Information: Begin
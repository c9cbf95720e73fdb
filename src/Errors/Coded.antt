-- ===== src/Errors/Coded.antt =====
-- How parseB2Error of src/utils/errors.ts reports an error without a status of its own: by its
-- causes.
use b2_mcp.Base.{
  Bool, Bool-cases, Option-cases, String, [], ap, false, first_some, get_or, inl, inr, is_some,
  none, some, sym, true, ℕ, ◌↔◌, ◌∙◌, ◌∷◌, ◌≡◌, ◌⊎◌,
}
use b2_mcp.Value.{Store, Value, as_str, is_object, num, prop}
use b2_mcp.CauseChain.{find_in_cause_chain, matching}
use b2_mcp.CauseChain.Search.{FirstMatch, find_in_cause_chain_iff}
use b2_mcp.Errors.{
  B2ApiError, already_parsed, coded_error_from_value, definitive_aws, definitive_legacy,
  incomplete_aws, incomplete_legacy, interruption, message_or_fallback, object_at, object_error,
  parse_b2_error, simple, with_message,
}
use b2_mcp.CauseChain.Interruption.{is_abort_error, is_timeout_error}
use b2_mcp.CircuitBreaker.Filter.{Along, Along-iff}

module _ (render : Store → Value → String) (to_text : Value → String) (h : Store) where
  -- Neither the error itself nor its provider metadata or response carries a number as its status.
  abbrev pub HasNoOwnStatus : Value → Type 0
  HasNoOwnStatus e =
      (coded_error_from_value render to_text h e ≡ none)
      × (definitive_aws render to_text h e (object_at render to_text h e "$metadata") ≡ none)
      × (definitive_legacy render to_text h (object_at render to_text h e "response") ≡ none)

  abbrev pub IsCodedAs : Value → B2ApiError → Type 0
  IsCodedAs e r = (n : ℕ) × FirstMatch h (coded_error_from_value render to_text h) r n e

  abbrev pub IsUncoded : Value → Type 0
  IsUncoded e = find_in_cause_chain h (coded_error_from_value render to_text h) e ≡ none

  from_causes :
      (e : Value)
      → is_object e ≡ true
      → HasNoOwnStatus e
      → parse_b2_error render to_text h e
        ≡ get_or
            (first_some (
              find_in_cause_chain h (coded_error_from_value render to_text h) e
              ∷ interruption render to_text h e
              ∷ incomplete_aws render to_text h e (object_at render to_text h e "$metadata")
              ∷ incomplete_legacy render to_text h (object_at render to_text h e "response")
              ∷ already_parsed render to_text h e
                  (as_str (prop h e "code"))
                  (as_str (prop h e "message"))
              ∷ with_message render to_text h e
              ∷ []))
            (simple (num 500) "internal_error" (to_text e))
  unfolding parse_b2_error object_error
  from_causes e o (own, aws, legacy) = rw o (rw own (rw aws (rw legacy)))

  abbrev pub has_timeout : Value → Bool
  has_timeout e = is_some (find_in_cause_chain h (matching (is_timeout_error h)) e)

  abbrev pub has_abort : Value → Bool
  has_abort e = is_some (find_in_cause_chain h (matching (is_abort_error h)) e)

  interrupted :
      (e : Value) (r : B2ApiError)
      → is_object e ≡ true
      → HasNoOwnStatus e
      → IsUncoded e
      → interruption render to_text h e ≡ some r
      → parse_b2_error render to_text h e ≡ r
  interrupted e r o own plain i = from_causes e o own ∙ rw plain (rw i)

  -- What the causes of `e` hold, and what is then reported.
  abbrev pub ReportsCauses : Value → B2ApiError → Type 0
  ReportsCauses e report =
      IsCodedAs e report
      ⊎ (IsUncoded e
          × Along h (is_timeout_error h) e
          × (report
              ≡ simple (num 504) "request_timeout" (
                  message_or_fallback render to_text h (prop h e "message")
                    "The request timed out")))
      ⊎ (IsUncoded e
          × (¬ Along h (is_timeout_error h) e)
          × Along h (is_abort_error h) e
          × (report
              ≡ simple (num 499) "request_aborted" (
                  message_or_fallback render to_text h (prop h e "message")
                    "The request was aborted")))
      ⊎ (IsUncoded e × (¬ Along h (is_timeout_error h) e) × (¬ Along h (is_abort_error h) e))

  refuted : {P : Type 0} (b : Bool) → (b ≡ true) ↔ P → b ≡ false → ¬ P
  refuted b i e p = cc (i.1 p)

  uncoded_report :
      (e : Value)
      → is_object e ≡ true
      → HasNoOwnStatus e
      → IsUncoded e
      → ReportsCauses e (parse_b2_error render to_text h e)
  unfolding interruption
  uncoded_report e o own plain = elim (Bool-cases (has_timeout e)) [
    | inl timeout ↦ inr (
        inl (
          plain,
          (Along-iff h (is_timeout_error h) e).0 timeout,
          interrupted e _ o own plain (rw timeout),
        ))
    | inr calm ↦
        let no_timeout = refuted (has_timeout e) (Along-iff h (is_timeout_error h) e) calm in
        elim (Bool-cases (has_abort e)) [
          | inl abort ↦ inr (
              inr (
                inl (
                  plain,
                  no_timeout,
                  (Along-iff h (is_abort_error h) e).0 abort,
                  interrupted e _ o own plain (rw calm (rw abort)),
                )))
          | inr quiet ↦ inr (
              inr (
                inr (
                  plain,
                  no_timeout,
                  refuted (has_abort e) (Along-iff h (is_abort_error h) e) quiet,
                )))
        ]
  ]

  -- An object that carries no status of its own is reported by its causes: as the first of them
  -- with a numeric status and a code, if there is one; otherwise as a timeout (504) if a
  -- TimeoutError stands among them; otherwise as an abort (499) if an AbortError does. A timeout
  -- wins over an abort wherever the two stand.
  pub parse_b2_error-ReportsCauses :
      (e : Value)
      → is_object e ≡ true
      → HasNoOwnStatus e
      → ReportsCauses e (parse_b2_error render to_text h e)
  parse_b2_error-ReportsCauses e o own =
      elim (Option-cases (find_in_cause_chain h (coded_error_from_value render to_text h) e)) [
        | inl plain ↦ uncoded_report e o own plain
        | inr (r, coded) ↦ inl (
            (find_in_cause_chain_iff h (coded_error_from_value render to_text h) e _).0
              (coded ∙ ap some (sym (from_causes e o own ∙ rw coded))))
      ]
Information: End
*Task:*
The reply should restate the records above in full, character for character.

*Your solution:*
repository c9cbf95720e73fdb
filename src/Errors/Coded.antt
-- ===== src/Errors/Coded.antt =====
-- How parseB2Error of src/utils/errors.ts reports an error without a status of its own: by its
-- causes.
use b2_mcp.Base.{
  Bool, Bool-cases, Option-cases, String, [], ap, false, first_some, get_or, inl, inr, is_some,
  none, some, sym, true, ℕ, ◌↔◌, ◌∙◌, ◌∷◌, ◌≡◌, ◌⊎◌,
}
use b2_mcp.Value.{Store, Value, as_str, is_object, num, prop}
use b2_mcp.CauseChain.{find_in_cause_chain, matching}
use b2_mcp.CauseChain.Search.{FirstMatch, find_in_cause_chain_iff}
use b2_mcp.Errors.{
  B2ApiError, already_parsed, coded_error_from_value, definitive_aws, definitive_legacy,
  incomplete_aws, incomplete_legacy, interruption, message_or_fallback, object_at, object_error,
  parse_b2_error, simple, with_message,
}
use b2_mcp.CauseChain.Interruption.{is_abort_error, is_timeout_error}
use b2_mcp.CircuitBreaker.Filter.{Along, Along-iff}

module _ (render : Store → Value → String) (to_text : Value → String) (h : Store) where
  -- Neither the error itself nor its provider metadata or response carries a number as its status.
  abbrev pub HasNoOwnStatus : Value → Type 0
  HasNoOwnStatus e =
      (coded_error_from_value render to_text h e ≡ none)
      × (definitive_aws render to_text h e (object_at render to_text h e "$metadata") ≡ none)
      × (definitive_legacy render to_text h (object_at render to_text h e "response") ≡ none)

  abbrev pub IsCodedAs : Value → B2ApiError → Type 0
  IsCodedAs e r = (n : ℕ) × FirstMatch h (coded_error_from_value render to_text h) r n e

  abbrev pub IsUncoded : Value → Type 0
  IsUncoded e = find_in_cause_chain h (coded_error_from_value render to_text h) e ≡ none

  from_causes :
      (e : Value)
      → is_object e ≡ true
      → HasNoOwnStatus e
      → parse_b2_error render to_text h e
        ≡ get_or
            (first_some (
              find_in_cause_chain h (coded_error_from_value render to_text h) e
              ∷ interruption render to_text h e
              ∷ incomplete_aws render to_text h e (object_at render to_text h e "$metadata")
              ∷ incomplete_legacy render to_text h (object_at render to_text h e "response")
              ∷ already_parsed render to_text h e
                  (as_str (prop h e "code"))
                  (as_str (prop h e "message"))
              ∷ with_message render to_text h e
              ∷ []))
            (simple (num 500) "internal_error" (to_text e))
  unfolding parse_b2_error object_error
  from_causes e o (own, aws, legacy) = rw o (rw own (rw aws (rw legacy)))

  abbrev pub has_timeout : Value → Bool
  has_timeout e = is_some (find_in_cause_chain h (matching (is_timeout_error h)) e)

  abbrev pub has_abort : Value → Bool
  has_abort e = is_some (find_in_cause_chain h (matching (is_abort_error h)) e)

  interrupted :
      (e : Value) (r : B2ApiError)
      → is_object e ≡ true
      → HasNoOwnStatus e
      → IsUncoded e
      → interruption render to_text h e ≡ some r
      → parse_b2_error render to_text h e ≡ r
  interrupted e r o own plain i = from_causes e o own ∙ rw plain (rw i)

  -- What the causes of `e` hold, and what is then reported.
  abbrev pub ReportsCauses : Value → B2ApiError → Type 0
  ReportsCauses e report =
      IsCodedAs e report
      ⊎ (IsUncoded e
          × Along h (is_timeout_error h) e
          × (report
              ≡ simple (num 504) "request_timeout" (
                  message_or_fallback render to_text h (prop h e "message")
                    "The request timed out")))
      ⊎ (IsUncoded e
          × (¬ Along h (is_timeout_error h) e)
          × Along h (is_abort_error h) e
          × (report
              ≡ simple (num 499) "request_aborted" (
                  message_or_fallback render to_text h (prop h e "message")
                    "The request was aborted")))
      ⊎ (IsUncoded e × (¬ Along h (is_timeout_error h) e) × (¬ Along h (is_abort_error h) e))

  refuted : {P : Type 0} (b : Bool) → (b ≡ true) ↔ P → b ≡ false → ¬ P
  refuted b i e p = cc (i.1 p)

  uncoded_report :
      (e : Value)
      → is_object e ≡ true
      → HasNoOwnStatus e
      → IsUncoded e
      → ReportsCauses e (parse_b2_error render to_text h e)
  unfolding interruption
  uncoded_report e o own plain = elim (Bool-cases (has_timeout e)) [
    | inl timeout ↦ inr (
        inl (
          plain,
          (Along-iff h (is_timeout_error h) e).0 timeout,
          interrupted e _ o own plain (rw timeout),
        ))
    | inr calm ↦
        let no_timeout = refuted (has_timeout e) (Along-iff h (is_timeout_error h) e) calm in
        elim (Bool-cases (has_abort e)) [
          | inl abort ↦ inr (
              inr (
                inl (
                  plain,
                  no_timeout,
                  (Along-iff h (is_abort_error h) e).0 abort,
                  interrupted e _ o own plain (rw calm (rw abort)),
                )))
          | inr quiet ↦ inr (
              inr (
                inr (
                  plain,
                  no_timeout,
                  refuted (has_abort e) (Along-iff h (is_abort_error h) e) quiet,
                )))
        ]
  ]

  -- An object that carries no status of its own is reported by its causes: as the first of them
  -- with a numeric status and a code, if there is one; otherwise as a timeout (504) if a
  -- TimeoutError stands among them; otherwise as an abort (499) if an AbortError does. A timeout
  -- wins over an abort wherever the two stand.
  pub parse_b2_error-ReportsCauses :
      (e : Value)
      → is_object e ≡ true
      → HasNoOwnStatus e
      → ReportsCauses e (parse_b2_error render to_text h e)
  parse_b2_error-ReportsCauses e o own =
      elim (Option-cases (find_in_cause_chain h (coded_error_from_value render to_text h) e)) [
        | inl plain ↦ uncoded_report e o own plain
        | inr (r, coded) ↦ inl (
            (find_in_cause_chain_iff h (coded_error_from_value render to_text h) e _).0
              (coded ∙ ap some (sym (from_causes e o own ∙ rw coded))))
      ]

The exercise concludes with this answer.